Your job is to copy every record exactly.

## Data:
- - - - - - -

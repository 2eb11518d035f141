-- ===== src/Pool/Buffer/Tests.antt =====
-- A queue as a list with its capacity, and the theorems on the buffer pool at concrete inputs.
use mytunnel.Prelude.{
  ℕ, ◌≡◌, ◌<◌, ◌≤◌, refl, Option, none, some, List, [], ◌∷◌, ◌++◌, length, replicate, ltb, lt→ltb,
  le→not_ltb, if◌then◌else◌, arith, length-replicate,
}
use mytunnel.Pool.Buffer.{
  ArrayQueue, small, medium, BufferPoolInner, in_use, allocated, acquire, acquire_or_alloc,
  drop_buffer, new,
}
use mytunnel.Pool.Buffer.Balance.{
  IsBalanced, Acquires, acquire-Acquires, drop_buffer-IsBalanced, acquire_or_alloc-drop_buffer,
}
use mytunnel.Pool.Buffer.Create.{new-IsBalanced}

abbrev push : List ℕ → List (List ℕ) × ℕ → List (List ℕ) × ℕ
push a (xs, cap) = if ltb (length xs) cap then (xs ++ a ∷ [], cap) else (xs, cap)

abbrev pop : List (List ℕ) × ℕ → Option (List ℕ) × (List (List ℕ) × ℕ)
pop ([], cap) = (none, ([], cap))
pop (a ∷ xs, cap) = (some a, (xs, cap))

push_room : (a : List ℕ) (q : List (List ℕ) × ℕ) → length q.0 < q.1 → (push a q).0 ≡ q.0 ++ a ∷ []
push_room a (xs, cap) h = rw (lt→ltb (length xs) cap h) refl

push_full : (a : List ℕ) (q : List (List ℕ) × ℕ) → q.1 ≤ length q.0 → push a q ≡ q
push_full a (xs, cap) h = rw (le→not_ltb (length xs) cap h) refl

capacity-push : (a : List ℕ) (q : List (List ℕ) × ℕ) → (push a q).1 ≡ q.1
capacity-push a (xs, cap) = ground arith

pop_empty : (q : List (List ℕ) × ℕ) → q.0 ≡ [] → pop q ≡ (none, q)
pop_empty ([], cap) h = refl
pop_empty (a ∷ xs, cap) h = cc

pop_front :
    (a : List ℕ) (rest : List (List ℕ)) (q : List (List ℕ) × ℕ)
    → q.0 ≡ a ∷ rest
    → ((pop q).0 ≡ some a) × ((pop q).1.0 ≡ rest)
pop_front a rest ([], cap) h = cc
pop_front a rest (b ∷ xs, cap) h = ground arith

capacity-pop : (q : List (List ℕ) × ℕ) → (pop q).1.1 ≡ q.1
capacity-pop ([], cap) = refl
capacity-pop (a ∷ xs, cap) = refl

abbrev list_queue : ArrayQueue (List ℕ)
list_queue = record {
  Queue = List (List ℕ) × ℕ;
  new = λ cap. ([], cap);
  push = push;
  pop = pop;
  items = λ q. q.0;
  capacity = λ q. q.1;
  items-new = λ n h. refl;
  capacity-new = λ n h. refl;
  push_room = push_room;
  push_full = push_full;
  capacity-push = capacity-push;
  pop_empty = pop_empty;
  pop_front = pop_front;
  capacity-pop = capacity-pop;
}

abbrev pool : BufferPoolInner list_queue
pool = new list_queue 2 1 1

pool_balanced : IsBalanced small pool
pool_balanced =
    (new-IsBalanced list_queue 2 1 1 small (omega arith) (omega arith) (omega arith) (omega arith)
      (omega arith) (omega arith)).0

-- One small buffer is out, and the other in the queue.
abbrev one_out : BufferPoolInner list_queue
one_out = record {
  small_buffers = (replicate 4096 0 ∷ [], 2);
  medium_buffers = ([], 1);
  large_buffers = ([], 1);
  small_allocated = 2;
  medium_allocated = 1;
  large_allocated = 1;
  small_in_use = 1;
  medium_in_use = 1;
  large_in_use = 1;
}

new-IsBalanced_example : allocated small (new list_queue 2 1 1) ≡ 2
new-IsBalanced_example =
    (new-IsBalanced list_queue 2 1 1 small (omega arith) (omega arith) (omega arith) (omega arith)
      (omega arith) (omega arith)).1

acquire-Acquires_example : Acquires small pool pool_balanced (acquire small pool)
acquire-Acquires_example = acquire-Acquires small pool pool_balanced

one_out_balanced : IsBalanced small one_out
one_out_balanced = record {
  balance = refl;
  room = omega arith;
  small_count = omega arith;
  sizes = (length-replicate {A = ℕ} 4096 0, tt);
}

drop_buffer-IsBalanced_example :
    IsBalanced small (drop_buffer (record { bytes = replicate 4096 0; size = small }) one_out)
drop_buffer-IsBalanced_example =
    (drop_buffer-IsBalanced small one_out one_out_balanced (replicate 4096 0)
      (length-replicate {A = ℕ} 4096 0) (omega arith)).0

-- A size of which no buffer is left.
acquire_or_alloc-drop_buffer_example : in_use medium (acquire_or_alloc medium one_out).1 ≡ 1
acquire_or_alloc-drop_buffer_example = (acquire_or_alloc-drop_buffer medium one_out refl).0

- - - - - - -

## Result:
repository 2eb11518d035f141
-- ===== src/Pool/Buffer/Tests.antt =====
-- A queue as a list with its capacity, and the theorems on the buffer pool at concrete inputs.
use mytunnel.Prelude.{
  ℕ, ◌≡◌, ◌<◌, ◌≤◌, refl, Option, none, some, List, [], ◌∷◌, ◌++◌, length, replicate, ltb, lt→ltb,
  le→not_ltb, if◌then◌else◌, arith, length-replicate,
}
use mytunnel.Pool.Buffer.{
  ArrayQueue, small, medium, BufferPoolInner, in_use, allocated, acquire, acquire_or_alloc,
  drop_buffer, new,
}
use mytunnel.Pool.Buffer.Balance.{
  IsBalanced, Acquires, acquire-Acquires, drop_buffer-IsBalanced, acquire_or_alloc-drop_buffer,
}
use mytunnel.Pool.Buffer.Create.{new-IsBalanced}

abbrev push : List ℕ → List (List ℕ) × ℕ → List (List ℕ) × ℕ
push a (xs, cap) = if ltb (length xs) cap then (xs ++ a ∷ [], cap) else (xs, cap)

abbrev pop : List (List ℕ) × ℕ → Option (List ℕ) × (List (List ℕ) × ℕ)
pop ([], cap) = (none, ([], cap))
pop (a ∷ xs, cap) = (some a, (xs, cap))

push_room : (a : List ℕ) (q : List (List ℕ) × ℕ) → length q.0 < q.1 → (push a q).0 ≡ q.0 ++ a ∷ []
push_room a (xs, cap) h = rw (lt→ltb (length xs) cap h) refl

push_full : (a : List ℕ) (q : List (List ℕ) × ℕ) → q.1 ≤ length q.0 → push a q ≡ q
push_full a (xs, cap) h = rw (le→not_ltb (length xs) cap h) refl

capacity-push : (a : List ℕ) (q : List (List ℕ) × ℕ) → (push a q).1 ≡ q.1
capacity-push a (xs, cap) = ground arith

pop_empty : (q : List (List ℕ) × ℕ) → q.0 ≡ [] → pop q ≡ (none, q)
pop_empty ([], cap) h = refl
pop_empty (a ∷ xs, cap) h = cc

pop_front :
    (a : List ℕ) (rest : List (List ℕ)) (q : List (List ℕ) × ℕ)
    → q.0 ≡ a ∷ rest
    → ((pop q).0 ≡ some a) × ((pop q).1.0 ≡ rest)
pop_front a rest ([], cap) h = cc
pop_front a rest (b ∷ xs, cap) h = ground arith

capacity-pop : (q : List (List ℕ) × ℕ) → (pop q).1.1 ≡ q.1
capacity-pop ([], cap) = refl
capacity-pop (a ∷ xs, cap) = refl

abbrev list_queue : ArrayQueue (List ℕ)
list_queue = record {
  Queue = List (List ℕ) × ℕ;
  new = λ cap. ([], cap);
  push = push;
  pop = pop;
  items = λ q. q.0;
  capacity = λ q. q.1;
  items-new = λ n h. refl;
  capacity-new = λ n h. refl;
  push_room = push_room;
  push_full = push_full;
  capacity-push = capacity-push;
  pop_empty = pop_empty;
  pop_front = pop_front;
  capacity-pop = capacity-pop;
}

abbrev pool : BufferPoolInner list_queue
pool = new list_queue 2 1 1

pool_balanced : IsBalanced small pool
pool_balanced =
    (new-IsBalanced list_queue 2 1 1 small (omega arith) (omega arith) (omega arith) (omega arith)
      (omega arith) (omega arith)).0

-- One small buffer is out, and the other in the queue.
abbrev one_out : BufferPoolInner list_queue
one_out = record {
  small_buffers = (replicate 4096 0 ∷ [], 2);
  medium_buffers = ([], 1);
  large_buffers = ([], 1);
  small_allocated = 2;
  medium_allocated = 1;
  large_allocated = 1;
  small_in_use = 1;
  medium_in_use = 1;
  large_in_use = 1;
}

new-IsBalanced_example : allocated small (new list_queue 2 1 1) ≡ 2
new-IsBalanced_example =
    (new-IsBalanced list_queue 2 1 1 small (omega arith) (omega arith) (omega arith) (omega arith)
      (omega arith) (omega arith)).1

acquire-Acquires_example : Acquires small pool pool_balanced (acquire small pool)
acquire-Acquires_example = acquire-Acquires small pool pool_balanced

one_out_balanced : IsBalanced small one_out
one_out_balanced = record {
  balance = refl;
  room = omega arith;
  small_count = omega arith;
  sizes = (length-replicate {A = ℕ} 4096 0, tt);
}

drop_buffer-IsBalanced_example :
    IsBalanced small (drop_buffer (record { bytes = replicate 4096 0; size = small }) one_out)
drop_buffer-IsBalanced_example =
    (drop_buffer-IsBalanced small one_out one_out_balanced (replicate 4096 0)
      (length-replicate {A = ℕ} 4096 0) (omega arith)).0

-- A size of which no buffer is left.
acquire_or_alloc-drop_buffer_example : in_use medium (acquire_or_alloc medium one_out).1 ≡ 1
acquire_or_alloc-drop_buffer_example = (acquire_or_alloc-drop_buffer medium one_out refl).0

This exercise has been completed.